Monday, August 4, 2008

The Beginning of the Universe

When I think about it, I've always been fascinated by astronomy. Space, the great unknown, the last frontier. It's marvelous, it's awe inspiring, it's big beyond anything else. The universe. The earth spinning around the sun with nothing to support it. Well the Bible tells you that the earth hangs on nothing (see Job 26) haha, we didn't have to go out into space to figure that one out. There are so many mysteries with space, so many unknowns. What's up there? What's beyond the observable universe? Heaven perhaps? Another dimension? (is that Biblical?)

An interesting article I looked up on google talks about what Astronomers say about the beginning of the universe. The interesting thing is scientists don't have an answer to what happened before then. Or rather they don't have an answer that science can prove.

But what happened before the Big Bang? That stops Astronomy Chair Craig
Hogan dead in his tracks. "What, you're not greedy or anything, are you?," he asks with incredulity that anyone would not be satisfied to know what happened over 13.7 billion years after the Big Bang.
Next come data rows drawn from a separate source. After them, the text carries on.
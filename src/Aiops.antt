-- ===== src/Aiops.antt =====
-- static/js/aiops-vue.js: the panels of the page of intelligent operations.
pub mod Replies
pub mod Loads
pub mod Reliability
pub mod Tabs
pub mod Investigations
pub mod Analyzer
pub mod Runbook
pub mod Reviews
pub mod Tests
And then he pauses, thoughtfully: "What happened before?," he muses. "No one could really know. All memory of that time is lost, everything from then is forgotten. That was a period of such catastrophic instability that it just doesn't remember what came before it. We probably could never find out, either. There just isn't any information left over from it."

Margon has addressed this question, too. As he told the Washington Post last
year, "One would think that if someone has trouble reconciling religion with physics,
they would like the Big Bang. It has beautiful elements of ultimate mystery."

What happened before the Big Bang is a very good question, even an important question. But because there’s no possibility of physical evidence from this period, it’s not a question that science can address.


I've always said two people can look at the exact same thing and walk away with totally different conclusions. I'm sure there are people that say the big bang either supports or disproves religion. Talk to me about sentience, how is it that we come to think, to speak, to live. You gather up all the different elements that make up the human body, compose flesh, even organs perhaps, but how do you make it live? Life breeds life, humans can't create life from death, but God can. The interesting thing is where science doesn't have an answer, religion does. It may not be an answer that satisfies all, but it still answers the question.

Where did everything come from? God made it.
Where do life, sentience, and living come from? God breaths life into people.
Where did God come from? He was always there.
That doesn't make sense, something had to create God. Well no, He isn't restricted by the rules of this existence. Things like conservation of energy and mass, gravity, life, death, nature, etc. He exists, but not as we know existence. (what's interesting is that in the man Jesus, God subjected Himself to His own creation, it boggles my mind to think about that).

It may be a question that I'll never have the answer to. At least not on this side of eternity. Eternity is a really long time. In fact it's forever. It makes me wonder, why are things the way they are now? The child starving in the streets doesn't have time to ponder these things. He's concerned about surviving. The soldier fighting a war doesn't have time to ponder these things. He's concerned about surviving. The man on his deathbed, perhaps wishes he had pondered these things earlier in life and had lived according to eternity.

In a billion years, a lot of things won't matter. Money... Fame... Popularity... Positions... Grades... Jobs... Pleasure... Pain... Friends... What will last? Treasures in Heaven? What does that mean? One thing, I know God keeps in Heaven, the prayers of the saints. He doesn't keep your church attendance, He doesn't keep your preaching, He doesn't even keep your good deeds. (He keeps record of these things though). What causes a celebration in heaven? It's not when we get our dream job, or donate millions to charity or missions, or even when we overcome our sin. When the lost are found, when the dead come to life, that causes Heaven to celebrate. Even then, this life shouldn't be focused on evangelism, but on knowing the Father's heart, which leads to evangelism, but the latter without the former is powerless and meaningless.

A billion years is a long time... Eternity is even longer... It's really scary actually. I'm betting my eternity on this Christianity thing, no, on Jesus Christ. I've gone all in for Jesus, but at the same time, I hold back in this life. What is it to gain the whole world, yet forfeit your soul. We'll settle for little pieces of the world in exchange for our soul. Is it worth it? If we could see in light of eternity would we make a different choice?